- WORK INSTRUCTION:
Somewhere below is a line with "pub tag_below : g.tag ≤ 5" and, later, a line with "unfolding decode_groups classify"; repeat those two lines and all the lines between them, exactly as they are.

- DATA SUPPLIED:
-- ===== src/Printer/Ipp/Decode/Values.antt =====
-- The values of an attribute, decoded.
use kiosk_project.Printer.Ipp.Decode.Fields.{value-read, take_field-append, Fits}
use kiosk_project.Printer.Ipp.{
  attribute_too_large, IppValue, IppGroup, is_delimiter_tag, IppDecodeLimits, IppAttribute,
  TextCodec,
}
use kiosk_project.Printer.Ipp.Decode.{
  extend_attribute, new_attribute, add_value, place_value, decode_attribute_value, opens_group,
  close_group, opens_attribute, open_group, DecodeState, classify, decode_groups, decode_attribute,
}
use kiosk_project.Printer.Ipp.Encode.{
  encode_value_bytes, encode_values, encode_attribute_value, uint16_bytes,
}
use mathlib.Core.List.{append_assoc}
use kiosk_project.Base.{
  length-append, ok-injective, refuse_if-eq-ok, bind_cases, All, ℕ, zero, suc, ◌+◌, ◌%◌, ◌<◌, ◌≤◌,
  ◌||◌, ltb, List, [], ◌∷◌, ◌++◌, false, ◌==◌, ok, refuse_if, length, some, ◌≡◌, refl, arith, ◌≢◌,
  sym, ◌∙◌, ap, subst,
}

-- What decodes with every fuel above the number of bytes.
abbrev pub Decodes : TextCodec → IppDecodeLimits → DecodeState → List ℕ → List IppGroup → Type 0
Decodes codec limits st bytes gs =
    (fuel : ℕ) → length bytes < fuel → decode_groups codec limits fuel st bytes ≡ some (ok gs)

-- A request that survives: tags of one byte on their side of the delimiters, texts that the codec
-- gives back, names that are not empty, and values that their tags carry.
pub record IsAttribute (codec : TextCodec) (a : IppAttribute) : Type 0 where
  pub tag_above : 5 < a.tag
  pub tag_below : a.tag < 256
  pub name_there : 0 < length (codec.encode_text a.name)
  pub name_back : codec.decode_text (codec.encode_text a.name) ≡ a.name
  pub values_fit : All (Fits codec a.tag) a.values

pub record IsGroup (codec : TextCodec) (g : IppGroup) : Type 0 where
  pub tag_below : g.tag ≤ 5
  pub tag_goes_on : g.tag ≢ 3
  pub attributes_fit : All (IsAttribute codec) g.attributes

abbrev pub with_group : DecodeState → ℕ → List IppAttribute → ℕ → DecodeState
with_group st tag attributes count = record st {
  group = some (record { tag = tag; attributes = attributes });
  attribute_count = count;
}

pub Decodes-end :
    (codec : TextCodec) (limits : IppDecodeLimits) (st : DecodeState) (rest : List ℕ)
    → Decodes codec limits st (3 ∷ rest) (close_group st)
unfolding decode_groups classify
Decodes-end codec limits st rest zero h = absurd (omega arith)
Decodes-end codec limits st rest (suc fuel) h = refl

classify-group : (tag : ℕ) → tag ≤ 5 → tag ≢ 3 → classify tag ≡ opens_group
unfolding classify is_delimiter_tag
classify-group tag h k = ground arith

classify-attribute : (tag : ℕ) → 5 < tag → classify tag ≡ opens_attribute
unfolding classify is_delimiter_tag
classify-attribute tag h = ground arith

pub Decodes-group :
    (codec : TextCodec) (limits : IppDecodeLimits) (st : DecodeState) (tag : ℕ) (rest : List ℕ)
    (gs : List IppGroup)
    → tag ≤ 5
    → tag ≢ 3
    → Decodes codec limits (open_group tag st) rest gs
    → Decodes codec limits st (tag ∷ rest) gs
unfolding decode_groups
Decodes-group codec limits st tag rest gs h k d zero l = absurd (omega arith)
Decodes-group codec limits st tag rest gs h k d (suc fuel) l =
    rw (decode_groups, classify-group tag h k) (d fuel (omega arith))

-- One record of the wire, and what it does.
pub Decodes-attribute :
    (codec : TextCodec) (limits : IppDecodeLimits) (st next : DecodeState) (tag : ℕ)
    (bytes rest : List ℕ) (gs : List IppGroup)
    → 5 < tag
    → length rest ≤ length bytes
    → decode_attribute codec limits st tag bytes ≡ ok (next, rest)
    → Decodes codec limits next rest gs
    → Decodes codec limits st (tag ∷ bytes) gs
unfolding decode_groups
Decodes-attribute codec limits st next tag bytes rest gs h l e d zero f = absurd (omega arith)
Decodes-attribute codec limits st next tag bytes rest gs h l e d (suc fuel) f =
    rw (decode_groups, classify-attribute tag h, e) (d fuel (omega arith))

-- The bytes of a record after its tag.
abbrev field : List ℕ → List ℕ
field bytes = uint16_bytes (length bytes) ++ bytes

abbrev fields : List ℕ → List ℕ → List ℕ
fields name_bytes raw =
    uint16_bytes (length name_bytes) ++ name_bytes ++ uint16_bytes (length raw) ++ raw

fields-append :
    (name_bytes raw rest : List ℕ)
    → fields name_bytes raw ++ rest ≡ field name_bytes ++ (field raw ++ rest)
unfolding uint16_bytes
fields-append name_bytes raw rest =
    append_assoc (field name_bytes ++ uint16_bytes (length raw)) raw rest
    ∙ append_assoc (field name_bytes) (uint16_bytes (length raw)) (raw ++ rest)

fields-read :
    (codec : TextCodec) (limits : IppDecodeLimits) (st next : DecodeState) (g : IppGroup) (tag : ℕ)
    (name_bytes raw rest : List ℕ) (v : IppValue)
    → 65535 ≤ limits.max_value_bytes
    → length name_bytes ≤ 65535
    → length raw ≤ 65535
    → st.group ≡ some g
    → decode_attribute_value codec limits tag raw ≡ ok v
    → place_value codec limits st g tag name_bytes v ≡ ok next
    → decode_attribute codec limits st tag (fields name_bytes raw ++ rest) ≡ ok (next, rest)
unfolding decode_attribute
fields-read codec limits st next g tag name_bytes raw rest v h a b e f p =
    subst (λ bytes. decode_attribute codec limits st tag bytes ≡ ok (next, rest))
      (sym (fields-append name_bytes raw rest))
      (rw
        (
          take_field-append limits.max_value_bytes name_bytes (field raw ++ rest) h a,
          take_field-append limits.max_value_bytes raw rest h b,
          e,
          f,
          p,
        )
        refl)

-- What an encoded value consists of.
encode_attribute_value-eq :
    (codec : TextCodec) (tag : ℕ) (name : List ℕ) (v : IppValue) (bytes : List ℕ)
    → tag < 256
    → encode_attribute_value codec tag name v ≡ ok bytes
    → (raw : List ℕ) × (encode_value_bytes codec tag v ≡ ok raw)
      × (length (codec.encode_text name) ≤ 65535)
      × (length raw ≤ 65535)
      × (bytes ≡ tag ∷ fields (codec.encode_text name) raw)
unfolding encode_attribute_value
encode_attribute_value-eq codec tag name v bytes l e =
    bind_cases (encode_value_bytes codec tag v) _ e λ raw h k.
      bind_cases
        (refuse_if (ltb 65535 (length (codec.encode_text name)) || ltb 65535 (length raw))
          attribute_too_large)
        _ k
        λ u g j.
          let byte : tag % 256 ≡ tag = omega arith in
          let small = refuse_if-eq-ok _ _ g in
          (
            raw,
            h,
            ground (arith, small),
            ground (arith, small),
            sym (ok-injective j) ∙ ap (λ t. t ∷ fields (codec.encode_text name) raw) byte,
          )

-- An additional value goes to the last attribute.
add_value-last :
    (before : List IppAttribute) (a : IppAttribute) (v : IppValue)
    → add_value v (before ++ a ∷ [])
      ≡ some (before ++ record a { values = a.values ++ v ∷ [] } ∷ [])
unfolding add_value
add_value-last [] a v = refl
add_value-last (b ∷ []) a v = refl
add_value-last (b ∷ c ∷ before) a v = rw (add_value-last (c ∷ before) a v) refl

pub Decodes-value :
    (codec : TextCodec) (limits : IppDecodeLimits) (st next : DecodeState) (g : IppGroup) (tag : ℕ)
    (name : List ℕ) (v : IppValue) (bytes rest : List ℕ) (gs : List IppGroup)
    → 65535 ≤ limits.max_value_bytes
    → 5 < tag
    → tag < 256
    → Fits codec tag v
    → st.group ≡ some g
    → encode_attribute_value codec tag name v ≡ ok bytes
    → place_value codec limits st g tag (codec.encode_text name) v ≡ ok next
    → Decodes codec limits next rest gs
    → Decodes codec limits st (bytes ++ rest) gs
Decodes-value codec limits st next g tag name v bytes rest gs m h k f s e p d =
    let (raw, a, b, c, same_bytes) = encode_attribute_value-eq codec tag name v bytes k e in
    let body = fields (codec.encode_text name) raw ++ rest in
    let shorter : length rest ≤ length body =
      omega (arith, length-append (fields (codec.encode_text name) raw) rest) in
    subst (λ x. Decodes codec limits st (x ++ rest) gs) (sym same_bytes)
      (Decodes-attribute codec limits st next tag body rest gs h shorter
        (fields-read codec limits st next g tag (codec.encode_text name) raw rest v m b c s
          (value-read codec limits tag v raw f a) p)
        d)

place_additional :
    (codec : TextCodec) (limits : IppDecodeLimits) (st : DecodeState) (group_tag count tag : ℕ)
    (before : List IppAttribute) (a : IppAttribute) (v : IppValue)
    → codec.encode_text [] ≡ []
    → place_value codec limits
        (with_group st group_tag (before ++ a ∷ []) count)
        (record { tag = group_tag; attributes = before ++ a ∷ [] })
        tag
        (codec.encode_text [])
        v
      ≡ ok (with_group st group_tag (before ++ record a { values = a.values ++ v ∷ [] } ∷ []) count)
unfolding place_value extend_attribute
place_additional codec limits st group_tag count tag before a v z =
    rw (z, add_value-last before a v) refl

pub place_first :
    (codec : TextCodec) (limits : IppDecodeLimits) (st : DecodeState) (group_tag count tag : ℕ)
    (before : List IppAttribute) (name : List ℕ) (v : IppValue)
    → 0 < length (codec.encode_text name)
    → codec.decode_text (codec.encode_text name) ≡ name
    → count < limits.max_attributes
    → place_value codec limits
        (with_group st group_tag before count)
        (record { tag = group_tag; attributes = before })
        tag
        (codec.encode_text name)
        v
      ≡ ok (
          with_group st group_tag
            (before ++ record { name = name; tag = tag; values = v ∷ [] } ∷ [])
            (count + 1))
unfolding place_value new_attribute
place_first codec limits st group_tag count tag before name v h k l =
    let named : (length (codec.encode_text name) == 0) ≡ false = ground arith in
    let room : ltb limits.max_attributes (count + 1) ≡ false = ground arith in
    rw (named, room, k) refl

pub append_nil {ℓ} : {A : Type ℓ} (xs : List A) → xs ++ [] ≡ xs
append_nil [] = refl
append_nil (x ∷ xs) = ap (◌∷◌ x) (append_nil xs)

-- The values after the first, for the attribute that is last.
pub Decodes-values :
    (codec : TextCodec) (limits : IppDecodeLimits) (st : DecodeState) (group_tag count : ℕ)
    (before : List IppAttribute) (a : IppAttribute) (vs : List IppValue) (bytes rest : List ℕ)
    (gs : List IppGroup)
    → 65535 ≤ limits.max_value_bytes
    → codec.encode_text [] ≡ []
    → 5 < a.tag
    → a.tag < 256
    → All (Fits codec a.tag) vs
    → encode_values codec a.tag [] vs ≡ ok bytes
    → Decodes codec limits
        (with_group st group_tag (before ++ record a { values = a.values ++ vs } ∷ []) count)
        rest
        gs
    → Decodes codec limits (with_group st group_tag (before ++ a ∷ []) count) (bytes ++ rest) gs
unfolding encode_values
Decodes-values codec limits st group_tag count before a [] bytes rest gs m z h k f e d =
    subst
      (λ x. Decodes codec limits (with_group st group_tag (before ++ a ∷ []) count) (x ++ rest) gs)
      (ok-injective e)
      (subst
        (λ vs.
          Decodes codec limits
            (with_group st group_tag (before ++ record a { values = vs } ∷ []) count) rest gs)
        (append_nil a.values) d)
Decodes-values codec limits st group_tag count before a (v ∷ vs) bytes rest gs m z h k f e d =
    bind_cases (encode_attribute_value codec a.tag [] v) _ e λ first i j.
      bind_cases (encode_values codec a.tag [] vs) _ j λ others o q.
        let start = with_group st group_tag (before ++ a ∷ []) count in
        let longer = record a { values = a.values ++ v ∷ [] } in
        subst (λ x. Decodes codec limits start (x ++ rest) gs) (ok-injective q)
          (subst (λ x. Decodes codec limits start x gs) (sym (append_assoc first others rest))
            (Decodes-value codec limits start _ _ a.tag [] v first (others ++ rest) gs m h k f.0
              refl i (place_additional codec limits st group_tag count a.tag before a v z)
              (Decodes-values codec limits st group_tag count before longer vs others rest gs m z h
                k f.1 o
                (subst
                  (λ xs.
                    Decodes codec limits
                      (with_group st group_tag (before ++ record a { values = xs } ∷ []) count) rest
                      gs)
                  (sym (append_assoc a.values (v ∷ []) vs)) d))))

- SOLVED PROBLEM:
  pub tag_below : g.tag ≤ 5
  pub tag_goes_on : g.tag ≢ 3
  pub attributes_fit : All (IsAttribute codec) g.attributes

abbrev pub with_group : DecodeState → ℕ → List IppAttribute → ℕ → DecodeState
with_group st tag attributes count = record st {
  group = some (record { tag = tag; attributes = attributes });
  attribute_count = count;
}

pub Decodes-end :
    (codec : TextCodec) (limits : IppDecodeLimits) (st : DecodeState) (rest : List ℕ)
    → Decodes codec limits st (3 ∷ rest) (close_group st)
unfolding decode_groups classify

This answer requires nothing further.